We apply this below to the interval from $[0,\pi]$ to estimate an integral.

In [12]:
c = 0
d = m.pi

# Linear change of coordinates [-1,1] -> [c,d]
g = lambda x: (d-c)/2*x + (c+d)/2

# Points used in Gaussian Quadrature over [-1,1]
x1 = -m.sqrt(3)/m.sqrt(5)
x2 = 0
x3 = m.sqrt(3)/m.sqrt(5)

# Weights used in Gaussian Quadrature over [-1,1]
c1 = 5/9
c2 = 8/9
c3 = 5/9

# Points used in Gaussian Quadrature over [c,d]
y1 = g(x1)
y2 = g(x2)
y3 = g(x3)

# Weights used in Gaussian Quadrature over [c,d]
d1 = (d-c)/2 * c1
d2 = (d-c)/2 * c2
d3 = (d-c)/2 * c3

# Gaussian Quadrature formula over [c,d]
A = lambda f: d1*f(y1) + d2*f(y2) + d3*f(y3)


Our $A$ should be have degree of precision $5$. We will check that.

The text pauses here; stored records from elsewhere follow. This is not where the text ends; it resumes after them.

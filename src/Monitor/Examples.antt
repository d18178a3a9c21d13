-- ===== src/Monitor/Examples.antt =====
-- A monitor that posts to Slack, and an event of an app on its watchlist.
use k8s_deploy_monitor_opera.Prelude.{
  true, none, some, [], ◌∷◌, str, ◌==◌, lookup, index, ◌≡◌, refl, All,
}
use k8s_deploy_monitor_opera.Event.{RolloutEvent}
use k8s_deploy_monitor_opera.Config.Settings.{not_exist}
use k8s_deploy_monitor_opera.Config.Settings.Examples.{env, slack_config, slack_settings}
use k8s_deploy_monitor_opera.Watchlist.{
  AppWatchConfigSpec, Store, PutResult, put, put_checked, put_after, conflicts_of, claims,
  accepted_of, rejected_of,
}
use k8s_deploy_monitor_opera.Monitor.{targets_of, enrich_event}
use k8s_deploy_monitor_opera.Monitor.Wiring.{is_addressed, load-targets_addressed, enrich_event-put}

load-targets_addressed_example :
    All (λ t. is_addressed slack_config t ≡ true) (targets_of slack_config)
load-targets_addressed_example =
    load-targets_addressed (λ v. none) (λ path. not_exist) env slack_config slack_settings

abbrev store : Store
store = record { index = []; apps = [] }

abbrev spec : AppWatchConfigSpec
spec = record { slack_channel = str "#shop"; clusters = (str "east", str "shop" ∷ []) ∷ [] }

abbrev result : PutResult
result = record { created = true; accepted = (str "east", str "shop" ∷ []) ∷ []; rejected = [] }

abbrev event : RolloutEvent
event = record {
  cluster_id = str "east";
  namespace = str "shop";
  deployment_name = str "cart";
  old_template_hash = str "v1";
  new_template_hash = str "v2";
  old_images = [];
  new_images = [];
  app = [];
  slack_channel = [];
  timestamp = 5;
}

enrich_event-put_example :
    enrich_event
      (some (put ((str "east", true) ∷ []) (some true) (str "cart") spec store).0)
      none
      none
      event
    ≡ record event { app = str "cart"; slack_channel = str "#shop" }
unfolding put put_checked put_after conflicts_of claims accepted_of rejected_of index lookup ◌==◌
enrich_event-put_example =
    enrich_event-put ((str "east", true) ∷ []) (some true) (str "cart") spec store result none none
      event refl refl
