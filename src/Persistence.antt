-- ===== src/Persistence.antt =====
-- internal/persistence: template hashes and audit records kept as custom resources.
pub mod Names
pub mod HashStore
pub mod Recorder
mod Examples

Below we compare $A(x^k)$ and $\int_0^\pi x^k~dx=\frac{1}{k+1}\pi^{k+1}$ for values of $k \leq 6$.

In [13]:
for k in range(7):
approx = A(lambda x: x**k)
exact = m.pi**(k+1) / (k+1)
print("For x^{}, our approximation is {} and the exact value is {}.".format(k, approx, exact))
print("The error was {}".format(approx-exact))

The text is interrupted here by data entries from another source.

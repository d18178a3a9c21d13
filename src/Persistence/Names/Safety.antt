-- ===== src/Persistence/Names/Safety.antt =====
-- What `sanitizeName` guarantees of its result.
use k8s_deploy_monitor_opera.Prelude.{
  ℕ, suc, zero, ◌≤◌, ◌<◌, ◌≢◌, [], ◌∷◌, GoString, map, take, length, All, All-append, arith, eqb,
  Bool-cases, inl, inr, ◌⊎◌,
}
use mathlib.Core.List.{reverse, reverse-cons}
use k8s_deploy_monitor_opera.Persistence.Names.{
  lower_byte, replace_byte, trim_left, trim, max_name, sanitize_name,
}

-- A byte that `sanitizeName` leaves in a name: no capital letter, and none of `/`, `_`, `.`.
pub record IsSafe (c : ℕ) : Type 0 where
  pub not_upper : c < b'A' ⊎ b'Z' < c
  pub not_slash : c ≢ b'/'
  pub not_underscore : c ≢ b'_'
  pub not_dot : c ≢ b'.'

clean_byte-IsSafe :
    (c : ℕ) → IsSafe (replace_byte b'.' (replace_byte b'_' (replace_byte b'/' (lower_byte c))))
unfolding replace_byte lower_byte
clean_byte-IsSafe c = ground arith

clean-All :
    (s : GoString)
    → All IsSafe (
        map
          (replace_byte b'.')
          (map (replace_byte b'_') (map (replace_byte b'/') (map lower_byte s))))
clean-All [] = tt
clean-All (c ∷ s) = (clean_byte-IsSafe c, clean-All s)

module _ (P : ℕ → Type 0) where
  trim_left-All : (s : GoString) → All P s → All P (trim_left s)
  unfolding trim_left
  trim_left-All [] h = tt
  trim_left-All (c ∷ s) h = elim (Bool-cases (eqb c b'-')) [
    | inl e ↦ rw e (trim_left-All s h.1)
    | inr e ↦ rw e h
  ]

  reverse-All : (s : GoString) → All P s → All P (reverse s)
  reverse-All [] h = tt
  reverse-All (c ∷ s) h =
      rw reverse-cons (All-append P (reverse s) (c ∷ []) (reverse-All s h.1) (h.0, tt))

  take-All : (n : ℕ) (s : GoString) → All P s → All P (take n s)
  take-All zero s h = tt
  take-All (suc n) [] h = tt
  take-All (suc n) (c ∷ s) h = (h.0, take-All n s h.1)

trim-All : (s : GoString) → All IsSafe s → All IsSafe (trim s)
unfolding trim
trim-All s h =
    reverse-All IsSafe _ (trim_left-All IsSafe _ (reverse-All IsSafe _ (trim_left-All IsSafe s h)))

length-take-le : (n : ℕ) (s : GoString) → length (take n s) ≤ n
length-take-le zero s = omega arith
length-take-le (suc n) [] = omega arith
length-take-le (suc n) (c ∷ s) = omega (arith, length-take-le n s)

-- Every sanitized name has at most 63 bytes, and no capital letter, slash, underscore or dot.
pub sanitize_name-IsSafe :
    (s : GoString) → (length (sanitize_name s) ≤ max_name) × All IsSafe (sanitize_name s)
unfolding sanitize_name
sanitize_name-IsSafe s =
    (length-take-le max_name _, take-All IsSafe max_name _ (trim-All _ (clean-All s)))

For x^0, our approximation is 3.141592653589793 and the exact value is 3.141592653589793.
The error was 0.0
For x^1, our approximation is 4.934802200544679 and the exact value is 4.934802200544679.
The error was 0.0
For x^2, our approximation is 10.335425560099939 and the exact value is 10.335425560099939.
The error was 0.0
For x^3, our approximation is 24.352272758500604 and the exact value is 24.352272758500604.
The error was 0.0
For x^4, our approximation is 61.20393695705627 and the exact value is 61.203936957056285.
The error was -1.4210854715202004e-14
For x^5, our approximation is 160.23153226255067 and the exact value is 160.2315322625507.
The error was -2.842170943040401e-14
For x^6, our approximation is 430.39178495819266 and the exact value is 431.4704611109702.
The error was -1.0786761527775184


It seems clear that it was exact up to degree $5$ (with non-zero values of the order $10^{-14}$ probably coming from errors in floating point arithmetic.) The degree $6$ error of about $1$ indicates that our formula is not exact for polynomials of degree $6$, which we expect.